Content starts

-- ===== src/Connection/Rising.antt =====
-- A connection never reports a position before one that it has reported.
use k8spodlogreceiver.Prelude.{
  ℕ, ◌+◌, ◌≤◌, ◌<◌, ◌≡◌, refl, ap, ◌∙◌, inl, inr, false, List, [], ◌∷◌, ◌++◌, arith, leb, ◌==◌,
  Bool-cases, length, bytes_eq,
}
use k8spodlogreceiver.Instant.{Instant, is_unset, later}
use k8spodlogreceiver.Prelude.Int.{pos, inc, inc-pos, max_int}
use k8spodlogreceiver.Logline.Line.{Line}
use k8spodlogreceiver.Logline.Batch.{Meta, Batch}
use k8spodlogreceiver.Cursor.{is_zero, Cursor, record_line}
use k8spodlogreceiver.Cursor.Filter.{Filter, keep}
use k8spodlogreceiver.Cursor.Order.{
  NotBefore, NotBefore-refl, NotBefore-trans, NotBefore-record_line,
}
use k8spodlogreceiver.Connection.{
  Conn, Consumed, Outcome, Event, line, closed, tick, Status, running, pipeline_refused,
  read_failed, at_eof, open_connection, flushed, flush, append_line, append_kept, step, loop,
  stream_connection,
}
use k8spodlogreceiver.Connection.Tracks.{next_resume}
use k8spodlogreceiver.Connection.Rounds.{lines_of, closed_returns}
use k8spodlogreceiver.Connection.Reports.{
  last_from, Reported, Reported-flushed, Reported-append_line,
}

-- From `c` on, no position is before the one in front of it, and none is the zero one.
abbrev pub Rising : Cursor → List Cursor → Type 0
Rising c [] = Unit
Rising c (d ∷ ds) = NotBefore c d × (is_zero d ≡ false) × Rising d ds

pub Rising-append :
    (c : Cursor) (xs ys : List Cursor)
    → Rising c xs
    → Rising (last_from c xs) ys
    → Rising c (xs ++ ys)
Rising-append c [] ys h k = k
Rising-append c (x ∷ xs) ys h k = (h.0, h.1, Rising-append x xs ys h.2 k)

-- The count of a cursor is at most `n`.
pub record CountsTo (n : ℕ) (c : Cursor) : Type 0 where
  pub number : ℕ
  pub delivered_is : c.delivered ≡ pos number
  pub within : number ≤ n

-- The reports rise, and the position of the batch is not before the last of them.
record Rises (c : Cursor) (n : ℕ) (s : Conn) : Type 0 where
  rising : Rising c s.progress
  reported : Reported c s
  ahead : NotBefore (next_resume c s) s.pending
  counts : CountsTo n s.pending

CountsTo-record_line :
    (n : ℕ) (c : Cursor) (t : Instant)
    → n < max_int
    → CountsTo n c
    → CountsTo (n + 1) (record_line c t).0
unfolding record_line
CountsTo-record_line n c t h k = elim (Bool-cases (is_unset t)) [
  | inl e ↦ by_count k.number (omega (arith, k.within)) (rw (e, record_line) k.delivered_is)
  | inr e ↦ elim (Bool-cases (later t c.ts)) [
    | inl l ↦ by_count 1 (omega arith) (rw (e, l, record_line) refl)
    | inr l ↦ elim (Bool-cases (t == c.ts)) [
      | inl q ↦ by_count (k.number + 1) (omega (arith, k.within)) (
          rw (e, l, q, record_line)
            (ap inc k.delivered_is ∙ inc-pos k.number (omega (arith, k.within))))
      | inr q ↦
          by_count k.number (omega (arith, k.within)) (rw (e, l, q, record_line) k.delivered_is)
    ]
  ]
]
  where
    by_count :
        (m : ℕ)
        → m ≤ n + 1
        → (record_line c t).0.delivered ≡ pos m
        → CountsTo (n + 1) (record_line c t).0
    by_count m le e = record { number = m; delivered_is = e; within = le }

module _ (pipeline : ℕ → Batch → Consumed) (max_batch : ℕ) (m : Meta) (c : Cursor) where
  Rises-flushed :
      (n : ℕ) (s : Conn) (o : Outcome)
      → Rises c n s
      → Rises c n (flushed pipeline max_batch m s o).1
  unfolding flushed
  Rises-flushed n s o r = record {
    rising = elim (Bool-cases s.batch_advanced) [
      | inl e ↦ ground (
        arith,
        r.rising,
        Rising-append c s.progress (s.pending ∷ []) r.rising
            (rw r.reported.published (r.ahead, r.reported.placed e, tt)),
      )
      | inr e ↦ ground (arith, e, r.rising)
    ];
    reported = Reported-flushed pipeline max_batch m c s o r.reported;
    ahead = ground (arith, r.ahead, NotBefore-refl s.pending, r.reported.placed);
    counts = r.counts;
  }

  Rises-flush : (n : ℕ) (s : Conn) → Rises c n s → Rises c n (flush pipeline max_batch m s).1
  unfolding flush
  Rises-flush n s r = elim (Bool-cases (s.batch.count == 0)) [
    | inl e ↦ rw (e, flush) r
    | inr e ↦ rw (e, flush) (Rises-flushed n s _ r)
  ]

  Rises-append_line :
      (n : ℕ) (s : Conn) (l : Line) (now : Instant)
      → n < max_int
      → Rises c n s
      → Rises c (n + 1) (append_line pipeline max_batch m s l now)
  unfolding append_line
  Rises-append_line n s l now h r = record {
    rising = r.rising;
    reported = Reported-append_line pipeline max_batch m c s l now r.reported;
    ahead =
        NotBefore-trans (next_resume c s) s.pending (record_line s.pending l.timestamp).0 r.ahead (
          NotBefore-record_line s.pending l.timestamp r.counts.number r.counts.delivered_is
            (omega (arith, r.counts.within)));
    counts = CountsTo-record_line n s.pending l.timestamp h r.counts;
  }

  Rises-append_kept :
      (n : ℕ) (s : Conn) (l : Line) (now : Instant)
      → n < max_int
      → Rises c n s
      → Rises c (n + 1) (append_kept pipeline max_batch m s l now).0
  unfolding append_kept
  Rises-append_kept n s l now h r =
      elim (Bool-cases (leb max_batch (append_line pipeline max_batch m s l now).batch.count)) [
        | inl e ↦ rw (e, append_kept) (Rises-flush (n + 1) _ (Rises-append_line n s l now h r))
        | inr e ↦ rw (e, append_kept) (Rises-append_line n s l now h r)
      ]

  Rises-more : (n : ℕ) (s : Conn) → Rises c n s → Rises c (n + 1) s
  Rises-more n s r = record {
    rising = r.rising;
    reported = r.reported;
    ahead = r.ahead;
    counts = record {
      number = r.counts.number;
      delivered_is = r.counts.delivered_is;
      within = omega (arith, r.counts.within);
    };
  }

  Rises-line :
      (n : ℕ) (s : Conn) (l : Line) (now : Instant)
      → n < max_int
      → Rises c n s
      → Rises c (n + 1) (step pipeline max_batch m s (line l now)).0
  unfolding step
  Rises-line n s l now h r = elim (Bool-cases (keep s.filter l.timestamp).0) [
    | inl e ↦
        rw (e, step)
          (Rises-append_kept n (record s { filter = (keep s.filter l.timestamp).1 }) l now h
            (any_filter (keep s.filter l.timestamp).1))
    | inr e ↦ rw (e, step) (Rises-more n _ (any_filter (keep s.filter l.timestamp).1))
  ]
    where
      any_filter : (f : Filter) → Rises c n (record s { filter = f })
      any_filter f = record {
        rising = r.rising;
        reported = record { published = r.reported.published; placed = r.reported.placed };
        ahead = r.ahead;
        counts = r.counts;
      }

  -- What the loop makes of the state after one more round.
  Told : Conn → Type 0
  Told s = Rising c s.progress × (last_from c s.progress ≡ next_resume c s)

  Told-Rises : (n : ℕ) (s : Conn) → Rises c n s → Told s
  unfolding Told
  Told-Rises n s r = (r.rising, r.reported.published)

  Told-after :
      (n : ℕ) (s : Conn) (e : Event) (es : List Event)
      → Rises c n (step pipeline max_batch m s e).0
      → ((step pipeline max_batch m s e).1 ≡ running
          → Told (loop pipeline max_batch m (step pipeline max_batch m s e).0 es).0)
      → Told (loop pipeline max_batch m s (e ∷ es)).0
  unfolding loop
  Told-after n s e es r rec = go (step pipeline max_batch m s e).1 refl
    where
      go :
          (st : Status)
          → (step pipeline max_batch m s e).1 ≡ st
          → Told (loop pipeline max_batch m s (e ∷ es)).0
      go running h = rw (h, loop) (rec h)
      go pipeline_refused h = rw (h, loop) (Told-Rises n _ r)
      go read_failed h = rw (h, loop) (Told-Rises n _ r)
      go at_eof h = rw (h, loop) (Told-Rises n _ r)

  Told-loop :
      (es : List Event) (n : ℕ) (s : Conn)
      → n + length (lines_of es) < max_int
      → Rises c n s
      → Told (loop pipeline max_batch m s es).0
  unfolding step
  Told-loop [] n s h r = unfold loop in Told-Rises n s r
  Told-loop (line l now ∷ es) n s h r =
      let r' = Rises-line n s l now (omega arith) r in
      Told-after (n + 1) s (line l now) es r' (λ _. Told-loop es (n + 1) _ (omega arith) r')
  Told-loop (closed failed ∷ es) n s h r =
      Told-after n s (closed failed) es (Rises-flush n s r)
        (λ e. absurd (closed_returns pipeline max_batch m c s failed e))
  Told-loop (tick ∷ es) n s h r =
      Told-after n s tick es (Rises-flush n s r) (λ _. Told-loop es n _ h (Rises-flush n s r))

-- A connection from a cursor whose count is `n`, where fewer than 2^63 - 1 - n lines arrive before the
-- end: its reports never go back, and the last of them, or the cursor before the first, is the one
-- that the stream takes over.
pub stream_connection_rises :
    (pipeline : ℕ → Batch → Consumed) (max_batch : ℕ) (m : Meta) (c : Cursor) (es : List Event)
    (n : ℕ)
    → c.delivered ≡ pos n
    → n + length (lines_of es) < max_int
    → let s = (stream_connection pipeline max_batch m c es).0 in
      Rising c s.progress × (last_from c s.progress ≡ next_resume c s)
unfolding stream_connection open_connection
stream_connection_rises pipeline max_batch m c es n e h =
    unfold Told in
    Told-loop pipeline max_batch m c es n (open_connection pipeline max_batch m c) h (record {
      rising = tt;
      reported = record { published = refl; placed = λ h. absurd (ground (arith, h)) };
      ahead = NotBefore-refl c;
      counts = record { number = n; delivered_is = e; within = omega arith };
    })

Content ends

§ **Problem**:
Each line between the start of the listing above and the line containing "Rising-append c [] ys h k = k", with both ends counted, is to be set down unchanged.

§ **Exercise answer**:
-- ===== src/Connection/Rising.antt =====
-- A connection never reports a position before one that it has reported.
use k8spodlogreceiver.Prelude.{
  ℕ, ◌+◌, ◌≤◌, ◌<◌, ◌≡◌, refl, ap, ◌∙◌, inl, inr, false, List, [], ◌∷◌, ◌++◌, arith, leb, ◌==◌,
  Bool-cases, length, bytes_eq,
}
use k8spodlogreceiver.Instant.{Instant, is_unset, later}
use k8spodlogreceiver.Prelude.Int.{pos, inc, inc-pos, max_int}
use k8spodlogreceiver.Logline.Line.{Line}
use k8spodlogreceiver.Logline.Batch.{Meta, Batch}
use k8spodlogreceiver.Cursor.{is_zero, Cursor, record_line}
use k8spodlogreceiver.Cursor.Filter.{Filter, keep}
use k8spodlogreceiver.Cursor.Order.{
  NotBefore, NotBefore-refl, NotBefore-trans, NotBefore-record_line,
}
use k8spodlogreceiver.Connection.{
  Conn, Consumed, Outcome, Event, line, closed, tick, Status, running, pipeline_refused,
  read_failed, at_eof, open_connection, flushed, flush, append_line, append_kept, step, loop,
  stream_connection,
}
use k8spodlogreceiver.Connection.Tracks.{next_resume}
use k8spodlogreceiver.Connection.Rounds.{lines_of, closed_returns}
use k8spodlogreceiver.Connection.Reports.{
  last_from, Reported, Reported-flushed, Reported-append_line,
}

-- From `c` on, no position is before the one in front of it, and none is the zero one.
abbrev pub Rising : Cursor → List Cursor → Type 0
Rising c [] = Unit
Rising c (d ∷ ds) = NotBefore c d × (is_zero d ≡ false) × Rising d ds

pub Rising-append :
    (c : Cursor) (xs ys : List Cursor)
    → Rising c xs
    → Rising (last_from c xs) ys
    → Rising c (xs ++ ys)
Rising-append c [] ys h k = k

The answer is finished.